Search code examples
unixconcurrencystreaminggzip

Random access to gzipped files?


I have a very large file compressed with gzip sitting on disk. The production environment is "Cloud"-based, so the storage performance is terrible, but CPU is fine. Previously, our data processing pipeline began with gzip -dc streaming the data off the disk.

Now, in order to parallelise the work, I want to run multiple pipelines that each take a pair of byte offsets - start and end - and take that chunk of the file. With a plain file this could be achieved with head and tail, but I'm not sure how to do it efficiently with a compressed file; if I gzip -dc and pipe into head, the offset pairs that are toward the end of the file will involve wastefully seeking through the whole file as it's slowly decompressed.
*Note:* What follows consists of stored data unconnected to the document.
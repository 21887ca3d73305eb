-- ===== src/Inventory/Plan.antt =====
-- internal/inventory/plan.go, ComputePlan: what the plan of a pass deletes.
use stageset_controller.Prelude.{
  String, str_eq, str_eq_iff, ◌≡◌, refl, sym, ◌∙◌, subst, inl, inr, Bool, true, false, not, ◌&&◌,
  ◌||◌, Option, none, some, List, [], ◌∷◌, arith, Bool-cases, Option-cases, any, keep_if, insert_by,
  sort_by,
}
use mathlib.Core.Option
use stageset_controller.Inventory.{
  ObjectRef, ref_id, StageRecord, DeletionPlan, id_less, filter_refs, has_id, claimed,
  desired_entries, teardown_order, plan_stage, plan_stages, is_empty, compute_plan,
}

module _ {A : Type 0} (p : A → Bool) where
  any-insert_by :
      (less : A → A → Bool) (x : A) (ys : List A) → any p (insert_by less x ys) ≡ (p x || any p ys)
  unfolding insert_by
  any-insert_by less x [] = refl
  any-insert_by less x (y ∷ ys) = elim (Bool-cases (less y x)) [
    | inl e ↦ rw (e, any-insert_by less x ys) (ground arith)
    | inr e ↦ rw (e)
  ]

  any-sort_by : (less : A → A → Bool) (xs : List A) → any p (sort_by less xs) ≡ any p xs
  unfolding sort_by
  any-sort_by less [] = refl
  any-sort_by less (x ∷ xs) = rw (any-insert_by less x (sort_by less xs), any-sort_by less xs)

-- An identifier is kept exactly where it is among the entries and passes the test.
has_id-keep_if :
    (keep : String → Bool) (i : String) (refs : List ObjectRef)
    → has_id i (keep_if (λ r. keep (ref_id r)) refs) ≡ (has_id i refs && keep i)
has_id-keep_if keep i [] = refl
has_id-keep_if keep i (r ∷ refs) = elim (Bool-cases (str_eq (ref_id r) i)) [
  | inl e ↦ elim (Bool-cases (keep (ref_id r))) [
    | inl k ↦ rw (k, e, subst (λ x. keep x ≡ true) ((str_eq_iff (ref_id r) i).0 e) k)
    | inr k ↦
        let gone : keep i ≡ false = subst (λ x. keep x ≡ false) ((str_eq_iff (ref_id r) i).0 e) k in
        rw (k, e, gone) (ground (arith, has_id-keep_if keep i refs, gone))
  ]
  | inr e ↦ elim (Bool-cases (keep (ref_id r))) [
    | inl k ↦ rw (k, e) (has_id-keep_if keep i refs)
    | inr k ↦ rw (k, e) (has_id-keep_if keep i refs)
  ]
]

has_id-filter_refs :
    (keep : String → Bool) (i : String) (refs : List ObjectRef)
    → has_id i (filter_refs keep refs) ≡ (has_id i refs && keep i)
unfolding filter_refs
has_id-filter_refs keep i refs =
    any-sort_by (λ r. str_eq (ref_id r) i) id_less (keep_if (λ r. keep (ref_id r)) refs)
    ∙ has_id-keep_if keep i refs

-- What a stage of the spec desires is claimed.
desired_entries-claimed :
    (i n : String) (desired : List StageRecord) (refs : List ObjectRef)
    → desired_entries n desired ≡ some refs
    → has_id i refs ≡ true
    → claimed desired i ≡ true
unfolding desired_entries
desired_entries-claimed i n [] refs h k = ground (arith, h)
desired_entries-claimed i n (s ∷ ss) refs h k = elim (Option-cases (desired_entries n ss)) [
  | inl e ↦ elim (Bool-cases (str_eq s.name n)) [
    | inl f ↦
        let same : s.entries ≡ refs =
          Option.some-injective s.entries refs (sym (rw (e, f) refl) ∙ h) in
        let here : has_id i s.entries ≡ true = rw (same) k in rw (here)
    | inr f ↦ ground (arith, e, f, h)
  ]
  | inr (t, e) ↦
      let later = desired_entries-claimed i n ss refs (ground (arith, e, h)) k in
      rw (later) (ground arith)
]

-- Whether a plan deletes the object of an identifier, and whether an inventory recorded it.
abbrev pub deletes : DeletionPlan → String → Bool
deletes plan i =
    any (λ p. has_id i p.1) plan.prune_per_stage
    || any (λ s. has_id i s.entries) plan.removed_stages

has_id-is_empty :
    (i : String) (refs : List ObjectRef) → is_empty refs ≡ true → has_id i refs ≡ false
has_id-is_empty i [] h = refl
has_id-is_empty i (r ∷ refs) h = ground (arith, h)

-- What a stage that survives loses: its entries that no stage claims.
plan_stage-deletes :
    (prev : StageRecord) (o : Option (List ObjectRef)) (desired : List StageRecord)
    (rest : DeletionPlan) (i : String)
    → desired_entries prev.name desired ≡ o
    → deletes (plan_stage prev o desired rest) i
      ≡ (has_id i prev.entries && not (claimed desired i) || deletes rest i)
unfolding plan_stage
plan_stage-deletes prev none desired rest i e =
    rw (has_id-filter_refs (λ j. not (claimed desired j)) i prev.entries) (ground arith)
plan_stage-deletes prev (some refs) desired rest i e =
    let keep : String → Bool = λ j. not (has_id j refs) && not (claimed desired j) in
    let prune = filter_refs keep prev.entries in
    let f = has_id-filter_refs keep i prev.entries in
    let c = desired_entries-claimed i prev.name desired refs e in
    let g : has_id i prune ≡ (has_id i prev.entries && not (claimed desired i)) =
      f ∙ ground (arith, c) in
    elim (Bool-cases (is_empty prune)) [
      | inl n ↦ rw (n) (ground (arith, sym g ∙ has_id-is_empty i prune n))
      | inr n ↦ rw (n) (ground (arith, g))
    ]

plan_stages-deletes :
    (previous desired : List StageRecord) (i : String)
    → deletes (plan_stages previous desired) i ≡ (claimed previous i && not (claimed desired i))
unfolding plan_stages
plan_stages-deletes [] desired i = refl
plan_stages-deletes (prev ∷ previous) desired i =
    plan_stage-deletes prev (desired_entries prev.name desired) desired
      (plan_stages previous desired) i refl
    ∙ rw (plan_stages-deletes previous desired i) (ground arith)

-- A plan deletes an object exactly where some recorded stage holds it and no desired stage claims it.
pub plan_deletes_exactly_unclaimed :
    (previous desired : List StageRecord) (i : String)
    → deletes (compute_plan previous desired) i ≡ (claimed previous i && not (claimed desired i))
unfolding compute_plan
plan_deletes_exactly_unclaimed previous desired i =
    rw
      (any-sort_by (λ s. has_id i s.entries) teardown_order
        (plan_stages previous desired).removed_stages)
      (plan_stages-deletes previous desired i)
So my question is really about the gzip algorithm - is it theoretically possible to seek to a byte offset in the underlying file or get an arbitrary chunk of it, without the full implications of decompressing the entire file up to that point? If not, how else might I efficiently partition a file for "random" access by multiple processes while minimising the I/O throughput overhead?


Solution

  • You can't do that with gzip, but you can do it with bzip2, which is block instead of stream-based - this is how the Hadoop DFS splits and parallelizes the reading of huge files with different mappers in its MapReduce algorithm. Perhaps it would make sense to re-compress your files as bz2 so you can take advantage of this; it would be easier than some ad-hoc way to chunk up the files.

    I found the patches that are implementing this in Hadoop, here: https://issues.apache.org/jira/browse/HADOOP-4012

    Here's another post on the topic: BZip2 file read in Hadoop

    Perhaps browsing the Hadoop source code would give you an idea of how to read bzip2 files by blocks.